La serenidad del maestro

¡Qué paradoja, aunar fiesta y muerte ante un mismo evento!, ¿verdad Fausto? La bravura es su secreto

Mientras la campiña virgitana nos deslumbra estos días con sus almendros de nata, uno de sus hijos más ilustres, mi amigo Fausto Romero, anda librando una batalla parda por la vida, allá, en Madrid, contra un cáncer que, lo confiesa él, le tiene «cansado, porque no obedece, de momento, al tratamiento y me está haciendo mucho la puñeta», según publicó desde su tribuna dominical en la Voz, hace poco. Lo dijo, nos informó a todos del trance, como siempre suele hablarnos a sus lectores, con serenidad, sin perder el sentido de la compostura y gallardía con que engalana su trato habitual.

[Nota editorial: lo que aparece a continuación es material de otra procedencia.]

-- ===== src/Application/Shutdown.antt =====
-- What is left after a shutdown of the service.
use mathlib.Core.List.Memᴰ
use mathlib.Core.List.{Memᴰ}
use textbee_gateway.Prelude.{
  ℕ, ◌≡◌, ◌⊎◌, Bool, false, String, Option, none, List, [], ◌∷◌, ===_refl, Option-cases,
  Result-cases, Result, ok, err, inl, inr, arith,
}
use textbee_gateway.JsMap.{get, keys}
use textbee_gateway.JsMap.Laws.{get-delete, get-keys}
use textbee_gateway.Core.Types.{ProviderId, CallSession}
use textbee_gateway.Media.Capabilities.{MediaBridgeHandle}
use textbee_gateway.Media.Engine.{is_active}
use textbee_gateway.Media.Engine.Sessions.{shutdown-idle}
use textbee_gateway.Application.{
  CommunicationApplicationService, stop_voice_session, VoiceSessionError, stop_with, stop_found,
  forget_bridge, stop_each, shutdown,
}

module _ {P : Type 0} (durable : String → Result VoiceSessionError (Option CallSession))
    (provider_by_id : ProviderId → Option P)
    (start_bridge : P → Option (String → String × ℕ → Option MediaBridgeHandle))
    (stop_bridge : P → Option (MediaBridgeHandle → Bool)) where
  stop_voice_session-none :
      (call_id other : String) (svc : CommunicationApplicationService)
      → get other svc.active_bridges ≡ none
      → get other
          (stop_voice_session durable provider_by_id start_bridge stop_bridge call_id
            svc).1.active_bridges
        ≡ none
  unfolding stop_voice_session
  stop_voice_session-none call_id other svc h =
      elim (Option-cases (get call_id svc.active_bridges)) [
        | inl absent ↦ rw (absent, stop_with) h
        | inr (bridge, there) ↦ elim (Result-cases (durable call_id)) [
          | inl (e, unread) ↦ rw (there, stop_with, unread, stop_found) h
          | inr (call, answered) ↦
              rw (there, stop_with, answered, stop_found, forget_bridge)
                (ground (arith, get-delete call_id other svc.active_bridges))
        ]
      ]

  -- A stop of which the call can be read forgets its bridge.
  stop_voice_session-forgets :
      (call_id : String) (call : Option CallSession) (svc : CommunicationApplicationService)
      → durable call_id ≡ ok call
      → get call_id
          (stop_voice_session durable provider_by_id start_bridge stop_bridge call_id
            svc).1.active_bridges
        ≡ none
  unfolding stop_voice_session
  stop_voice_session-forgets call_id call svc answered =
      elim (Option-cases (get call_id svc.active_bridges)) [
        | inl absent ↦ rw (absent, stop_with) absent
        | inr (bridge, there) ↦
            rw (there, stop_with, answered, stop_found, forget_bridge)
              (rw (get-delete call_id call_id svc.active_bridges, ===_refl))
      ]

  stop_each-none :
      (call_ids : List String) (other : String) (call : Option CallSession)
      (svc : CommunicationApplicationService)
      → durable other ≡ ok call
      → (get other svc.active_bridges ≡ none) ⊎ Memᴰ other call_ids
      → get other
          (stop_each durable provider_by_id start_bridge stop_bridge call_ids svc).active_bridges
        ≡ none
  unfolding stop_each
  stop_each-none [] other call svc answered (inl h) = h
  stop_each-none [] other call svc answered (inr m) = absurd (Memᴰ.not-nil m)
  stop_each-none (c ∷ cs) other call svc answered (inl h) =
      stop_each-none cs other call _ answered (inl (stop_voice_session-none c other svc h))
  stop_each-none (c ∷ cs) other call svc answered (inr m) = elim (Memᴰ.cases_cons m) [
    | inl here ↦
        stop_each-none cs other call _ answered
          (inl (rw (← here) (stop_voice_session-forgets other call svc answered)))
    | inr later ↦ stop_each-none cs other call _ answered (inr later)
  ]

  -- After a shutdown no call has a media session, and no call has a bridge but one that the store
  -- failed to read, whether or not the providers' stops throw.
  pub shutdown_lem :
      (svc : CommunicationApplicationService) (call_id : String)
      → let svc' = shutdown durable provider_by_id start_bridge stop_bridge svc in
        ((get call_id svc'.active_bridges ≡ none)
          ⊎ ((e : VoiceSessionError) × (durable call_id ≡ err e)))
        × (is_active call_id svc'.media ≡ false)
  unfolding shutdown
  shutdown_lem svc call_id = (
    elim (Result-cases (durable call_id)) [
      | inl (e, unread) ↦ inr (e, unread)
      | inr (call, answered) ↦ elim (Option-cases (get call_id svc.active_bridges)) [
        | inl absent ↦
            inl (stop_each-none (keys svc.active_bridges) call_id call svc answered (inl absent))
        | inr (bridge, there) ↦ inl (
            stop_each-none (keys svc.active_bridges) call_id call svc answered
              (inr (get-keys call_id svc.active_bridges bridge there)))
      ]
    ],
    shutdown-idle _ call_id,
  )
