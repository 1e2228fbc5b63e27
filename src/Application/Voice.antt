-- ===== src/Application/Voice.antt =====
-- Voice sessions that do not come about, and voice sessions that are stopped.
use textbee_gateway.Prelude.{
  ℕ, ◌≡◌, ◌≢◌, refl, sym, arith, Bool, false, String, Option, none, some, Result, ok, err,
  Bool-cases, Option-cases, Result-cases, ◌⊎◌, inl, inr, ◌===◌, ===_iff, ===_refl, if◌then◌else◌,
}
use textbee_gateway.JsMap.{get}
use textbee_gateway.JsMap.Laws.{get-set_self, get-delete}
use textbee_gateway.Core.Types.{ProviderId, CallSession}
use textbee_gateway.Media.Capabilities.{MediaBridgeHandle}
use textbee_gateway.Media.Engine.{
  MediaEngine, MediaError, Randoms, start_session, is_active, fresh_session,
}
use textbee_gateway.Media.Engine.Sessions.{
  Started, start_session_active, start_session-Started, stop_session_lem,
}
use textbee_gateway.Application.{
  VoiceSessionError, CommunicationApplicationService, start_voice_session, stop_voice_session,
  bridged, with_media, begin_media, bridging, stop_with, stop_found, forget_bridge,
}

is_active-none :
    (call_id : String) (e : MediaEngine)
    → is_active call_id e ≡ false
    → get call_id e.sessions ≡ none
unfolding is_active
is_active-none call_id e h = ground arith

-- A start of media that returns found no session of the call.
start_session_idle :
    (free : ℕ → Bool) (connected : Bool) (r : Randoms) (call_id : String) (e : MediaEngine)
    (address : String × ℕ)
    → (start_session free connected r call_id e).0 ≡ ok address
    → get call_id e.sessions ≡ none
start_session_idle free connected r call_id e address h = elim (Bool-cases (is_active call_id e)) [
  | inl active ↦ cc (rw (start_session_active free connected r call_id e active) at h)
  | inr idle ↦ is_active-none call_id e idle
]

-- Where the start throws, the sessions and the bridges are as they were; where it returns, the call
-- has a bridge.
abbrev pub IsClean :
    CommunicationApplicationService
    → String
    → String
    → Result VoiceSessionError (String × ℕ) × CommunicationApplicationService
    → Type 0
IsClean svc call_id other (err e, svc') =
    (get other svc'.media.sessions ≡ get other svc.media.sessions)
    × (svc'.active_bridges ≡ svc.active_bridges)
IsClean svc call_id other (ok address, svc') = get call_id svc'.active_bridges ≢ none

module _ (svc : CommunicationApplicationService) (call_id other : String) where
  bridged-IsClean :
      (r : Randoms) (host : String) (port : ℕ) (bridge : Option MediaBridgeHandle)
      (media : MediaEngine)
      → get call_id svc.media.sessions ≡ none
      → get other media.sessions ≡ (
          if call_id === other
          then some (fresh_session call_id port r)
          else get other svc.media.sessions)
      → IsClean svc call_id other (bridged call_id svc (host, port) bridge media)
  unfolding bridged
  bridged-IsClean r host port (some bridge) media idle started =
      λ h. cc (get-set_self call_id bridge svc.active_bridges, h)
  bridged-IsClean r host port none media idle started = elim (Bool-cases (call_id === other)) [
    | inl same ↦
        let e : call_id ≡ other = (===_iff call_id other).0 same in
        (rw ((stop_session_lem call_id media other).1, same) (rw e at (sym idle)), refl)
    | inr different ↦
        (rw ((stop_session_lem call_id media other).1, different) (rw (different) at started), refl)
  ]

  with_media-IsClean :
      (start : String → String × ℕ → Option MediaBridgeHandle) (r : Randoms)
      (o : Result MediaError (String × ℕ) × MediaEngine)
      → Started svc.media r call_id other o
      → ((address : String × ℕ) → o.0 ≡ ok address → get call_id svc.media.sessions ≡ none)
      → IsClean svc call_id other (with_media call_id svc start o)
  unfolding with_media
  with_media-IsClean start r (err e, media) h idle = (h, refl)
  with_media-IsClean start r (ok (host, port), media) h idle =
      bridged-IsClean r host port (start call_id (host, port)) media (idle (host, port) refl) h

module _ {P : Type 0} (durable : String → Result VoiceSessionError (Option CallSession))
    (provider_by_id : ProviderId → Option P)
    (start_bridge : P → Option (String → String × ℕ → Option MediaBridgeHandle))
    (stop_bridge : P → Option (MediaBridgeHandle → Bool)) where
  -- A voice session that does not come about, at whatever point it fails, leaves no trace: every
  -- media session and every bridge is as it was. One that does leaves a bridge for the call.
  pub start_voice_session-IsClean :
      (free : ℕ → Bool) (connected : Bool) (r : Randoms) (call_id other : String)
      (svc : CommunicationApplicationService)
      → IsClean svc call_id other (
          start_voice_session durable provider_by_id start_bridge stop_bridge free connected r
            call_id svc)
  unfolding start_voice_session
  start_voice_session-IsClean free connected r call_id other svc =
      elim (bridging durable provider_by_id start_bridge stop_bridge call_id)
        as (λ found. IsClean svc call_id other (
          begin_media durable provider_by_id start_bridge stop_bridge found free connected r call_id
            svc)) [
              | err e ↦ unfold begin_media in (refl, refl)
              | ok start ↦
                  unfold begin_media in
                  with_media-IsClean svc call_id other start r
                    (start_session free connected r call_id svc.media)
                    (start_session-Started free connected r call_id svc.media other)
                    (start_session_idle free connected r call_id svc.media)
            ]

  -- After a voice session is stopped the call has neither a bridge nor a media session, even where
  -- the provider's own stop throws. (Only where the call of a bridge cannot be read, the stop throws
  -- that failure, and nothing changes.)
  pub stop_voice_session-idle :
      (call_id : String) (svc : CommunicationApplicationService)
      → let (result, svc') =
          stop_voice_session durable provider_by_id start_bridge stop_bridge call_id svc in
        ((get call_id svc'.active_bridges ≡ none) × (get call_id svc'.media.sessions ≡ none))
        ⊎ ((e : VoiceSessionError) × (durable call_id ≡ err e) × (result ≡ err e) × (svc' ≡ svc))
  unfolding stop_voice_session
  stop_voice_session-idle call_id svc = elim (Option-cases (get call_id svc.active_bridges)) [
    | inl absent ↦
        rw (absent, stop_with)
          (inl (absent, rw ((stop_session_lem call_id svc.media call_id).1, ===_refl)))
    | inr (bridge, there) ↦ elim (Result-cases (durable call_id)) [
      | inl (e, unread) ↦ rw (there, stop_with, unread, stop_found) (inr (e, refl, refl, refl))
      | inr (call, answered) ↦
          rw (there, stop_with, answered, stop_found, forget_bridge)
            (inl (
              rw (get-delete call_id call_id svc.active_bridges, ===_refl),
              rw ((stop_session_lem call_id svc.media call_id).1, ===_refl),
            ))
    ]
  ]
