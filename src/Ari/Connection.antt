-- ===== src/Ari/Connection.antt =====
-- The event socket of a client: `connectEvents` with the handlers that it sets, and `shutdown`, of
-- src/adapters/asterisk-ari-adapter.ts. A socket is `connecting` from the call of its constructor
-- until the library has it open, and one that was asked to close, or failed, is `closing` until its
-- "close" event comes. `attempts` counts the sockets that were made.
pub mod Runs
use textbee_gateway.Prelude.{ℕ, ◌+◌, Bool, true, false, if◌then◌else◌}

pub data Socket : Type 0 where
  no_socket connecting connected closing : Socket

pub record Connection : Type 0 where
  pub stopping : Bool
  pub socket : Socket
  pub reconnect_timer : Bool
  pub attempts : ℕ

abbrev pub unconnected : Connection
unconnected = record { stopping = false; socket = no_socket; reconnect_timer = false; attempts = 0 }

unfoldable pub connect_events : Connection → Connection
connect_events c =
    if c.stopping then c else record c { socket = connecting; attempts = c.attempts + 1 }

-- `ws.close()`
pub closed : Socket → Socket
closed connecting = closing
closed connected = closing
closed closing = closing
closed no_socket = no_socket

-- The "error" handler.
unfoldable pub on_error : Connection → Connection
unfolding closed
on_error c = record c { socket = closed c.socket }

-- The "close" handler.
unfoldable pub on_close : Connection → Connection
on_close c =
    if c.stopping
    then record c { socket = no_socket }
    else record c { socket = no_socket; reconnect_timer = true }

-- The timer fires once.
unfoldable pub on_timer : Connection → Connection
unfolding connect_events
on_timer c = connect_events (record c { reconnect_timer = false })

unfoldable pub shutdown : Connection → Connection
unfolding closed
shutdown c = record c { stopping = true; reconnect_timer = false; socket = closed c.socket }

Desde el afecto personal y admiración profesional que le mantengo desde hace décadas, (acaso sazonada con la crudeza con la que compartimos querencias y frustraciones justicieras) voy siguiendo, siquiera imaginariamente, su peripecia cancerígena como una lucha que, quizá ingenuamente, metamorfoseo ocasionalmente en una especie de rito taurino de singular porfía, que el maestro, Fausto, dotado de donaire y valor, afronta como una fiesta impiadosa en la que uno, él ahora, se juega la vida para que el poderoso bicho que le embiste, al final flaquee humillado, acule en tablas y caiga descabellado en el albero. Una faena de aliño, fiera y sin florituras, que estoicamente reveló en alguna de sus tribunas invitándonos a compartirla, tal vez, porque para Fausto, como nos ha contado tantas veces, no es la cantidad, sino la calidad de lo contado y compartido lo que importa, lo único que nos debe importar para no deshonrar el don de vivir. Por eso quiso compartir también este brete, digno de un maestro de la tauromaquia, esa fiesta ancestral que enfrenta serenidad y muerte. ¡Qué paradoja, aunar fiesta y muerte ante un mismo evento!, ¿verdad Fausto? La bravura es su secreto: sin braveza no hay aurea, ni fiesta, solo el ridículo toreo de salón. A la bravura, empero, sea del toro o del torero, se le aplaude como a un dios. Y como a un dios del arte de la vida, querría enviarte mi calor y mi aliento en la lidia que mantienes con el morlaco cancerígeno, errático y cornigacho que, entre la ciencia y tu temple, sin duda vais a esquivar para reaparecer, pronto ya, por la puerta grande de tu tribuna provocadora, para seguir mostrándonos retóricas siempre originales, ya políticas, sociales o familiares, siempre inconciliables con la indiferencia. Un regreso que aquí, en Almería, seguimos esperando muchos, compañero.